Arthur RYCROFT
2124106, Signalman. b. 1907, Belfast. d. 4th March 1946 (aged 38).
Arthur was the son of William and Annie of West Bowling and the husband of Mary Hannah Rycroft of 19 Ash Mount, Lidget Green.
In 1911 census shows Arthur, aged 3, was with his parents and sister, Iris at Clement Street, Bradford. The 1939 census shows him married to Mary Hannah, living at their home on Ashmount and working as a Wool Warehouseman. Arthur was also at this time a volunteer fireman with Bradford Auxiliary Fireservice. The 1939 census shows another occupant at 19 Ashmount but the record is closed.
We are not sure when Arthur signed up, but his war record shows he was with the Royal Signal Corps 19th Air Formation Signals. The 19th Air Formation Signals was formed in Kirkburton, Huddersfield in November 1943.

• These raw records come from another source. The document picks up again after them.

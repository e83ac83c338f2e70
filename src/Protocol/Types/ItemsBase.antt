-- ===== src/Protocol/Types/ItemsBase.antt =====
-- probes/app-server-ts: items base, one definition for each file.
use codex_waiting_plgin.Protocol.Schema.{
  Ty, any, arr, bool, lit, none_more, null_ty, num, obj, opt, req, str, ◌&◌, ◌∩◌, ◌∪◌,
}

-- v2/DynamicToolFunctionSpec.ts
abbrev pub dynamic_tool_function_spec : Ty
dynamic_tool_function_spec = obj (
    req "name" str
    & req "description" str
    & req "inputSchema" any
    & opt "deferLoading" bool
    & none_more)

-- v2/DynamicToolNamespaceTool.ts
abbrev pub dynamic_tool_namespace_tool : Ty
dynamic_tool_namespace_tool =
    obj (req "type" (lit "function") & none_more) ∩ dynamic_tool_function_spec

-- v2/DynamicToolNamespaceSpec.ts
abbrev pub dynamic_tool_namespace_spec : Ty
dynamic_tool_namespace_spec = obj (
    req "name" str
    & req "description" str
    & req "tools" (arr dynamic_tool_namespace_tool)
    & none_more)

-- v2/DynamicToolSpec.ts
abbrev pub dynamic_tool_spec : Ty
dynamic_tool_spec =
    (obj (req "type" (lit "function") & none_more) ∩ dynamic_tool_function_spec)
    ∪ (obj (req "type" (lit "namespace") & none_more) ∩ dynamic_tool_namespace_spec)

-- AgentMessageInputContent.ts
abbrev pub agent_message_input_content : Ty
agent_message_input_content =
    obj (req "type" (lit "input_text") & req "text" str & none_more)
    ∪ obj (req "type" (lit "encrypted_content") & req "encrypted_content" str & none_more)

-- ImageDetail.ts
abbrev pub image_detail : Ty
image_detail = lit "auto" ∪ lit "low" ∪ lit "high" ∪ lit "original"

-- ContentItem.ts
abbrev pub content_item : Ty
content_item =
    obj (req "type" (lit "input_text") & req "text" str & none_more)
    ∪ obj (
        req "type" (lit "input_image")
        & req "image_url" str
        & opt "detail" image_detail
        & none_more)
    ∪ obj (req "type" (lit "input_audio") & req "audio_url" str & none_more)
    ∪ obj (req "type" (lit "output_text") & req "text" str & none_more)

-- FunctionCallOutputContentItem.ts
abbrev pub function_call_output_content_item : Ty
function_call_output_content_item =
    obj (req "type" (lit "input_text") & req "text" str & none_more)
    ∪ obj (
        req "type" (lit "input_image")
        & req "image_url" str
        & opt "detail" image_detail
        & none_more)
    ∪ obj (req "type" (lit "input_audio") & req "audio_url" str & none_more)
    ∪ obj (req "type" (lit "encrypted_content") & req "encrypted_content" str & none_more)

-- FunctionCallOutputBody.ts
abbrev pub function_call_output_body : Ty
function_call_output_body = str ∪ arr function_call_output_content_item

-- InternalChatMessageMetadataPassthrough.ts
abbrev pub internal_chat_message_metadata_passthrough : Ty
internal_chat_message_metadata_passthrough = obj (opt "turn_id" str & none_more)

-- MessagePhase.ts
abbrev pub message_phase : Ty
message_phase = lit "commentary" ∪ lit "final_answer"

-- ReasoningItemContent.ts
abbrev pub reasoning_item_content : Ty
reasoning_item_content =
    obj (req "type" (lit "reasoning_text") & req "text" str & none_more)
    ∪ obj (req "type" (lit "text") & req "text" str & none_more)

-- ReasoningItemReasoningSummary.ts
abbrev pub reasoning_item_reasoning_summary : Ty
reasoning_item_reasoning_summary =
    obj (req "type" (lit "summary_text") & req "text" str & none_more)

-- ResponseItemId.ts
abbrev pub response_item_id : Ty
response_item_id = str

-- WebSearchAction.ts
abbrev pub web_search_action_root : Ty
web_search_action_root =
    obj (req "type" (lit "search") & opt "query" str & opt "queries" (arr str) & none_more)
    ∪ obj (req "type" (lit "open_page") & opt "url" str & none_more)
    ∪ obj (req "type" (lit "find_in_page") & opt "url" str & opt "pattern" str & none_more)
    ∪ obj (req "type" (lit "other") & none_more)

-- v2/TurnItemsView.ts
abbrev pub turn_items_view : Ty
turn_items_view = lit "notLoaded" ∪ lit "summary" ∪ lit "full"

-- ReasoningEffort.ts
abbrev pub reasoning_effort : Ty
reasoning_effort = str

-- ReasoningSummary.ts
abbrev pub reasoning_summary : Ty
reasoning_summary = lit "auto" ∪ lit "concise" ∪ lit "detailed" ∪ lit "none"

-- v2/TurnToolOutput.ts
abbrev pub turn_tool_output : Ty
turn_tool_output = obj (
    req "name" str
    & req "namespace" (str ∪ null_ty)
    & req "output" function_call_output_body
    & none_more)

-- v2/CommandExecTerminalSize.ts
abbrev pub command_exec_terminal_size : Ty
command_exec_terminal_size = obj (req "rows" num & req "cols" num & none_more)

-- v2/ProcessTerminalSize.ts
abbrev pub process_terminal_size : Ty
process_terminal_size = obj (req "rows" num & req "cols" num & none_more)

-- v2/ProcessKillParams.ts
abbrev pub process_kill_params : Ty
process_kill_params = obj (req "processHandle" str & none_more)

-- ImageGenerationFailure.ts
abbrev pub image_generation_failure : Ty
image_generation_failure = obj (
    req "type" (lit "usageLimitExceeded")
    & req "limitId" str
    & req "resetsAt" (num ∪ null_ty)
    & none_more)

-- SleepItem.ts
abbrev pub sleep_item : Ty
sleep_item = obj (req "id" str & req "durationMs" num & none_more)

-- v2/WebSearchAction.ts
abbrev pub web_search_action : Ty
web_search_action =
    obj (
      req "type" (lit "search")
      & req "query" (str ∪ null_ty)
      & req "queries" (arr str ∪ null_ty)
      & none_more)
    ∪ obj (req "type" (lit "openPage") & req "url" (str ∪ null_ty) & none_more)
    ∪ obj (
        req "type" (lit "findInPage")
        & req "url" (str ∪ null_ty)
        & req "pattern" (str ∪ null_ty)
        & none_more)
    ∪ obj (req "type" (lit "other") & none_more)

-- WebSearchItem.ts
abbrev pub web_search_item : Ty
web_search_item = obj (
    req "id" str
    & req "query" str
    & req "action" (web_search_action ∪ null_ty)
    & req "results" (arr any ∪ null_ty)
    & none_more)

-- v2/AgentMessageDelivery.ts
abbrev pub agent_message_delivery : Ty
agent_message_delivery = lit "async"

-- v2/CollabAgentStatus.ts
abbrev pub collab_agent_status : Ty
collab_agent_status =
    lit "pendingInit"
    ∪ lit "running"
    ∪ lit "interrupted"
    ∪ lit "completed"
    ∪ lit "errored"
    ∪ lit "shutdown"
    ∪ lit "notFound"

-- v2/CollabAgentState.ts
abbrev pub collab_agent_state : Ty
collab_agent_state =
    obj (req "status" collab_agent_status & req "message" (str ∪ null_ty) & none_more)

-- v2/CollabAgentTool.ts
abbrev pub collab_agent_tool : Ty
collab_agent_tool =
    lit "spawnAgent"
    ∪ lit "sendInput"
    ∪ lit "resumeAgent"
    ∪ lit "wait"
    ∪ lit "closeAgent"
    ∪ lit "sendMessage"
    ∪ lit "followupTask"
    ∪ lit "interruptAgent"
    ∪ lit "listAgents"

-- v2/CollabAgentToolCallStatus.ts
abbrev pub collab_agent_tool_call_status : Ty
collab_agent_tool_call_status =
    lit "inProgress" ∪ lit "completed" ∪ lit "failed" ∪ lit "interrupted"

-- v2/CommandExecutionSource.ts
abbrev pub command_execution_source : Ty
command_execution_source =
    lit "agent" ∪ lit "userShell" ∪ lit "unifiedExecStartup" ∪ lit "unifiedExecInteraction"

-- v2/CommandExecutionStatus.ts
abbrev pub command_execution_status : Ty
command_execution_status = lit "inProgress" ∪ lit "completed" ∪ lit "failed" ∪ lit "declined"

-- v2/DynamicToolCallOutputContentItem.ts
abbrev pub dynamic_tool_call_output_content_item : Ty
dynamic_tool_call_output_content_item =
    obj (req "type" (lit "inputText") & req "text" str & none_more)
    ∪ obj (req "type" (lit "inputImage") & req "imageUrl" str & none_more)
    ∪ obj (req "type" (lit "inputAudio") & req "audioUrl" str & none_more)

-- v2/DynamicToolCallStatus.ts
abbrev pub dynamic_tool_call_status : Ty
dynamic_tool_call_status = lit "inProgress" ∪ lit "completed" ∪ lit "failed"

-- v2/PatchChangeKind.ts
abbrev pub patch_change_kind : Ty
patch_change_kind =
    obj (req "type" (lit "add") & none_more)
    ∪ obj (req "type" (lit "delete") & none_more)
    ∪ obj (req "type" (lit "update") & req "move_path" (str ∪ null_ty) & none_more)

19 Air Formation Signal Regiment was formed at Kirkburton, Huddersfield on 17th October 1943. During the following year the Regiment was mobilized and sailed to India for overseas service in November 1944. Its first operational task was to provide communications for HQ Combat Cargo Task Force, an integrated RAF/USAF force air-dropping supplies to the ground forces in Burma. The Regiment was based at Comilla in Bengal, with Companies in the Chittagong and Imphal areas supporting the Chindits and other forces in the Burma Campaign.
As part of the 19th Air Formation Signals of the Royal Signal Corps, Arthur’s job would be to ensure all communications flowed smoothly between different branches of the R.A.F. (using telephone, morse and cipher) and to deliver messages as a dispatch rider if necessary.
Unfortunately, no exact details of Arthurs service record can be found and it would be speculation to be any more specific as to his role in the conflict.
It is almost definite that he would have been serving overseas when he received the wounds that would eventually cause his death. His photo shows him hot climate uniform.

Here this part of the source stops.